Looking at the efficiency specs of the drivers.

Dual Mono is better off on the midbass. Since you are using PR with the subwoofer and the subwoofer is incabin, use stereo 100 bridged to run the subwoofer.

Two miranges per side and 4 ohm final impedance will compensate the lesser efficiency of each driver and also they are in close proximity to the listener along with on axis placement.


----------



## Candisa (Sep 15, 2007)

That's what I tought exactly, happy to know an expert thinks the same way about my system 

greetz,
Isabelle


----------



## Autophile (Nov 10, 2007)

Candisa said:


> That's what I tought exactly, happy to know an expert thinks the same way about my system
> 
> greetz,
> Isabelle


I am no expert. Just have little bit of knowledge and experience .


----------



## Mooble (Oct 21, 2007)

I can't believe I passed up the Dual Mono for $375 on here!!!! 

*kicks own ass*


----------



## Autophile (Nov 10, 2007)

Mooble said:


> I can't believe I passed up the Dual Mono for $375 on here!!!!
> 
> *kicks own ass*


Thats a miss. Should have complemented your system well. Your a/d/s is also nice.


----------



## Hillbilly SQ (Jan 26, 2007)

Mooble said:


> I can't believe I passed up the Dual Mono for $375 on here!!!!
> 
> *kicks own ass*


there's plenty of good ones popping up on heredon't know about the genesis twin mono but the dls twin mono is a current hog according to unpredicatbleacts. he said it sure ran his arc flatline nicely though.


----------



## Hillbilly SQ (Jan 26, 2007)

peter-what's your personal opinion on the phoenix gold xenon amps? they're the best all around that i've run myself but just wondering what your take is on them. when i retire them i intend on their replacements being a huge upgrade.


----------



## Mooble (Oct 21, 2007)

Hillbilly SQ said:


> there's plenty of good ones popping up on heredon't know about the genesis twin mono but the dls twin mono is a current hog according to unpredicatbleacts. he said it sure ran his arc flatline nicely though.


They are current hogs for sure. An A3 (dual mono) and an A4 would draw about 200 amps at full power. I already have dimming lights as it is. I think that would wipe me out, but I still want one.


----------



## Gunbir (Jul 17, 2006)

Autophile said:


> I am no expert. Just have little bit of knowledge and experience


Hey I'm the expert. He just knows what I've taught him...


----------



## Autophile (Nov 10, 2007)

I am not Mr. Peter Lufrano, hillbilly. His handle is "autofile". I am from India. However I represent Genesis in India along with the other brands mentioned below.


----------



## Autophile (Nov 10, 2007)

Gunbir said:


> Hey I'm the expert. He just knows what I've taught him...


Yes you are damn right .


----------



## sqshoestring (Jun 19, 2007)

Being a little old school myself I know for sure most amps have a color to their sound. It may or may not be EQ'd out, I never tried as I prefer the least amount of EQ I can use unless I am using DSP. Back in the day if you could get the right sounding amp/speaker combo you were golden, it would yield the least distortion and cleanest sound.

I have no way to test power on an amp, but I can tell you some of the cheap amps put out fairly well. I had some of the intake audiobahns and was impressed given their cost. I tested them like any other amp and they sounded clean and powerful, went loud. I just had an insignia and if all the parts are hooked up in them, they work well too. Have not used in a car though, not yet but plan on testing a few. 

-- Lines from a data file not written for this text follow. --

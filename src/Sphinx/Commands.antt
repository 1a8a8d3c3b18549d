-- ===== src/Sphinx/Commands.antt =====
-- core/sphinx/commands/commands.go: the per-hop routing commands and their encoding.
-- A fixed-size array is a list, whose length `IsWellFormed` states.
pub mod RoundTrip
pub mod Canonical
use katzenpost_wt.Prelude.{
  ℕ, ◌-◌, ◌<◌, ◌≡◌, Bool, List, [], ◌∷◌, ◌++◌, Option, none, some, Run, ok, err, panic, ◌>>=◌, ◌>>◌,
  ◌==◌, ltb, leb, if◌then◌else◌, refuse_if, length, take, drop, ◌^◌,
}
use katzenpost_wt.Prelude.Bytes.{put_u32, get_u32, copy_array, ct_is_zero}
use katzenpost_wt.Sphinx.Geometry.{
  Geometry, node_id_length, recipient_id_length, surb_id_length, mac_length,
}

abbrev null_id : ℕ
null_id = 0x00

abbrev pub next_node_hop_id : ℕ
next_node_hop_id = 0x01

abbrev recipient_id : ℕ
recipient_id = 0x02

abbrev surb_reply_id : ℕ
surb_reply_id = 0x03

abbrev node_delay_id : ℕ
node_delay_id = 0x80

pub data RoutingCommand : Type 0 where
  next_node_hop : (id mac : List ℕ) → RoutingCommand
  recipient : (id : List ℕ) → RoutingCommand
  surb_reply : (id : List ℕ) → RoutingCommand
  node_delay : (delay : ℕ) → RoutingCommand

-- The sizes that the types of the Go fields give.
abbrev pub IsWellFormed : RoutingCommand → Type 0
IsWellFormed (next_node_hop id mac) = (length id ≡ node_id_length) × (length mac ≡ mac_length)
IsWellFormed (recipient id) = length id ≡ recipient_id_length
IsWellFormed (surb_reply id) = length id ≡ surb_id_length
IsWellFormed (node_delay delay) = delay < 2 ^ 32

pub data CommandError : Type 0 where
  invalid_command : CommandError

-- `ToBytes` appends to its argument.
unfoldable pub to_bytes : RoutingCommand → List ℕ → List ℕ
to_bytes (next_node_hop id mac) b = ((b ++ next_node_hop_id ∷ []) ++ id) ++ mac
to_bytes (recipient id) b = (b ++ recipient_id ∷ []) ++ id
to_bytes (surb_reply id) b = (b ++ surb_reply_id ∷ []) ++ id
to_bytes (node_delay delay) b = (b ++ node_delay_id ∷ []) ++ put_u32 delay

-- The results `cmd` and `rest` of a parser; `none` is Go's `nil`.
abbrev pub Parsed : Type 0
Parsed = Option RoutingCommand × Option (List ℕ)

-- `b[:n]` and `b[n:]`; past the length of `b` they panic.
abbrev slice_to : ℕ → List ℕ → Run CommandError (List ℕ)
slice_to n b = if leb n (length b) then ok (take n b) else panic

abbrev slice_from : ℕ → List ℕ → Run CommandError (List ℕ)
slice_from n b = if leb n (length b) then ok (drop n b) else panic

-- The slice bound `g.NextNodeHopLength-1` is negative at 0, and panics.
pub next_node_hop_from_bytes : List ℕ → Geometry → Run CommandError Parsed
next_node_hop_from_bytes b g = if g.next_node_hop_length == 0 then panic else do
  refuse_if (ltb (length b) (g.next_node_hop_length - 1)) invalid_command
  rest ← slice_from (g.next_node_hop_length - 1) b
  id ← slice_to node_id_length b
  mac ← slice_from node_id_length b
  ok (some (next_node_hop (copy_array node_id_length id) (copy_array mac_length mac)), some rest)

pub recipient_from_bytes : List ℕ → Run CommandError Parsed
recipient_from_bytes b = do
  refuse_if (ltb (length b) recipient_id_length) invalid_command
  rest ← slice_from recipient_id_length b
  id ← slice_to recipient_id_length b
  ok (some (recipient (copy_array recipient_id_length id)), some rest)

pub surb_reply_from_bytes : List ℕ → Run CommandError Parsed
surb_reply_from_bytes b = do
  refuse_if (ltb (length b) surb_id_length) invalid_command
  rest ← slice_from surb_id_length b
  id ← slice_to surb_id_length b
  ok (some (surb_reply (copy_array surb_id_length id)), some rest)

pub node_delay_from_bytes : List ℕ → Run CommandError Parsed
node_delay_from_bytes b = do
  refuse_if (ltb (length b) 4) invalid_command
  rest ← slice_from 4 b
  delay ← slice_to 4 b
  ok (some (node_delay (get_u32 delay)), some rest)

unfoldable pub from_bytes : List ℕ → Geometry → Run CommandError Parsed
unfolding next_node_hop_from_bytes recipient_from_bytes surb_reply_from_bytes node_delay_from_bytes
from_bytes [] g = ok (none, none)
from_bytes (id ∷ []) g = if id == null_id then ok (none, none) else err invalid_command
from_bytes (id ∷ x ∷ xs) g =
    let b = x ∷ xs in
    if id == null_id
    then (if ct_is_zero b then ok (none, none) else err invalid_command)
    else if id == next_node_hop_id
    then next_node_hop_from_bytes b g
    else if id == recipient_id
    then recipient_from_bytes b
    else if id == surb_reply_id
    then surb_reply_from_bytes b
    else if id == node_delay_id
    then node_delay_from_bytes b
    else err invalid_command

The difference I see most is lack of durability, the cheap amps tend to fall apart. I'm just saying given the cost, you should not imply they sound bad until you try one as sound is not much of an issue with cheap amps. The issue is how long will it work, are all the parts soldered into it, did they assemble it right, are the filters any good, will the knobs/terminals/lights fall off it in a month.


----------



## Candisa (Sep 15, 2007)

Hillbilly, I'm not called 'Peter', that would be a bit strange, but I'll answer your question anyway: those Xenon amps are damn good!

greetz,
Isabelle


----------



## FoxPro5 (Feb 14, 2006)

Candisa said:


> Hillbilly, I'm not called 'Peter', that would be a bit strange, but I'll answer your question anyway: those Xenon amps are* damn good!*
> 
> greetz,
> Isabelle


Ok, wait a sec here...hold up there, lassy.  Is *damn good* another, separate category above *good*, or is it a relative grading _within _the *good *category?? 

hehe...


----------



## Candisa (Sep 15, 2007)

'Damn good' is the border between pretty good and breath-taking 

greetz,
Isabelle


----------



## durwood (Mar 7, 2007)

ca90ss said:


> Power
> Reliability
> Cosmetics
> Features
> Build quality


Agree



~thematt~ said:


> Amps that sound the same, measure the same. Amps sound different, measure differently, and _that sound can be replicated_.
> 
> There is a limit, where build quality and tolerance is a given. After that, you're buying for cosmetics and the name.
> 
> Anyone who purchases amps based on their sound characteristic, has too much money and is too easily parted with it.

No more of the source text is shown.